O Globo, Rio, p.24-25
13 de Fev de 2005
Estação de esgoto de R$ 3,7 milhões não funciona
Sem tratamento, Rio Carioca mancha paisagem da Baía de Guanabara com 300 litros de dejetos por segundo
Amanhece na orla do Flamengo: os primeiros minutos do dia revelam um cenário irretocável, dominado pela Baía de Guanabara, com o Pão de Açúcar ao fundo. Mas, à medida que o sol aparece, percebe-se que o quadro precisa de retoques. No meio da paisagem, o histórico Rio Carioca, que séculos atrás matou a sede do Rio, deságua na baía mergulhado em esgoto.
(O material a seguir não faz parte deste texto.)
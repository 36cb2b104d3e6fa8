-- ===== src/Status/Conditions/Laws.antt =====
-- What a written condition reads back as.
use karpenter_provider_aliba.Prelude.{
  Bool-cases, List, Option, String, [], arith, false, if◌then◌else◌, inl, inr, none, refl, some,
  str_eq, str_eq_iff, str_eq_refl, true, ℕ, ◌∙◌, ◌∷◌, ◌≡◌,
}
use karpenter_provider_aliba.NodeClass.{Condition, ConditionStatus, EcsNodeClassStatus}
use karpenter_provider_aliba.Status.Conditions.{
  get_condition, put_condition, renew_condition, same_status, set_condition,
}

-- The status of a condition, if it is there.
unfoldable pub status_in : String → List Condition → Option ConditionStatus
status_in t [] = none
status_in t (c ∷ cs) =
    let rest = status_in t cs in if str_eq c.condition_type t then some c.status else rest

abbrev pub status_of : String → EcsNodeClassStatus → Option ConditionStatus
status_of t s = status_in t s.conditions

-- The condition that a list has for a type.
pub status_in-get_condition :
    (t : String) (cs : List Condition)
    → status_in t cs ≡ elim (get_condition t cs) as (λ _. Option ConditionStatus) [
      | none ↦ none
      | some c ↦ some c.status
    ]
unfolding status_in get_condition
status_in-get_condition t [] = refl
status_in-get_condition t (c ∷ cs) = elim (Bool-cases (str_eq c.condition_type t)) [
  | inl e ↦ rw e refl
  | inr e ↦ rw e (status_in-get_condition t cs)
]

status_in-put_condition :
    (now : ℕ) (t u : String) (status : ConditionStatus) (reason message : String)
    (cs : List Condition)
    → status_in u (put_condition now t status reason message cs)
      ≡ (if str_eq t u then some status else status_in u cs)
unfolding status_in put_condition renew_condition
status_in-put_condition now t u status reason message [] = refl
status_in-put_condition now t u status reason message (c ∷ cs) =
    elim (Bool-cases (str_eq c.condition_type t)) [
      | inl e ↦ rw e (cong_if ((str_eq_iff c.condition_type t).0 e))
      | inr e ↦ rw e (
          ground (
            arith,
            status_in-put_condition now t u status reason message cs,
            str_eq_iff c.condition_type t,
            str_eq_iff c.condition_type u,
            str_eq_iff t u,
          ))
    ]
  where
    cong_if :
        c.condition_type ≡ t
        → (if str_eq c.condition_type u then some status else status_in u cs) ≡ (
            if str_eq t u
            then some status
            else (if str_eq c.condition_type u then some c.status else status_in u cs))
    cong_if e = ground (arith, e)

-- A written condition has its new status; every other keeps its own.
pub status_of-set_condition :
    (now : ℕ) (t u : String) (status : ConditionStatus) (reason message : String)
    (s : EcsNodeClassStatus)
    → status_of u (set_condition now t status reason message s)
      ≡ (if str_eq t u then some status else status_of u s)
unfolding set_condition
status_of-set_condition now t u status reason message s =
    status_in-put_condition now t u status reason message s.conditions

get_condition-put_condition :
    (now : ℕ) (t u : String) (status : ConditionStatus) (reason message : String)
    (cs : List Condition) (c : Condition)
    → get_condition u cs ≡ some c
    → get_condition u (put_condition now t status reason message cs)
      ≡ some (if str_eq t u then renew_condition now status reason message c else c)
unfolding get_condition put_condition renew_condition
get_condition-put_condition now t u status reason message [] c h = ground arith
get_condition-put_condition now t u status reason message (d ∷ cs) c h =
    elim (Bool-cases (str_eq d.condition_type t)) [
      | inl e ↦ rw e (at_type e h)
      | inr e ↦ rw e (
          ground (
            arith,
            h,
            get_condition-put_condition now t u status reason message cs c,
            str_eq_iff d.condition_type t,
            str_eq_iff d.condition_type u,
            str_eq_iff t u,
          ))
    ]
  where
    at_type :
        str_eq d.condition_type t ≡ true
        → (if str_eq d.condition_type u then some d else get_condition u cs) ≡ some c
        → (if str_eq d.condition_type u
            then some (renew_condition now status reason message d)
            else get_condition u cs)
          ≡ some (if str_eq t u then renew_condition now status reason message c else c)
    at_type e k =
        ground (
          arith,
          e,
          k,
          str_eq_iff d.condition_type t,
          str_eq_iff d.condition_type u,
          str_eq_iff t u,
        )

-- Setting a condition that is there gives it the new status, and moves its time only if the status is
-- another one; every condition of another type stays as it is.
pub set_condition-last_transition_time :
    (now : ℕ) (t : String) (status : ConditionStatus) (reason message : String)
    (s : EcsNodeClassStatus) (c : Condition)
    → get_condition t s.conditions ≡ some c
    → let after = set_condition now t status reason message s in
      ((c' : Condition) × (get_condition t after.conditions ≡ some c')
        × (c'.status ≡ status)
        × (c'.last_transition_time
            ≡ (if same_status c.status status then c.last_transition_time else now)))
      × ((u : String) (d : Condition)
          → str_eq t u ≡ false
          → get_condition u s.conditions ≡ some d
          → get_condition u after.conditions ≡ some d)
unfolding set_condition renew_condition
set_condition-last_transition_time now t status reason message s c h = (
  (
    renew_condition now status reason message c,
    get_condition-put_condition now t t status reason message s.conditions c h
        ∙ rw (str_eq_refl t) refl,
    refl,
    refl,
  ),
  λ u d other k.
      get_condition-put_condition now t u status reason message s.conditions d k ∙ rw other refl,
)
Em sua foz, uma estação de tratamento que custou R$3,7 milhões e deveria contribuir para despoluir a Praia do Flamengo tem papel decorativo: está parada há pelo menos quatro meses.
Obras foram iniciadas no governo Garotinho
A estação de tratamento do Rio Carioca foi construída com dinheiro da multa aplicada à Petrobras pelo vazamento de 1,3 milhão de litros de óleo na baía, em janeiro de 2000. As obras foram iniciadas no governo Anthony Garotinho e inauguradas em 30 de setembro de 2002, na gestão Benedita da Silva. O sistema tem capacidade para tratar 300 litros de esgoto por segundo. De acordo com o estado, a poluição do Rio Carioca é causada por ligações clandestinas, já que o esgoto da região é jogado no emissário de Ipanema.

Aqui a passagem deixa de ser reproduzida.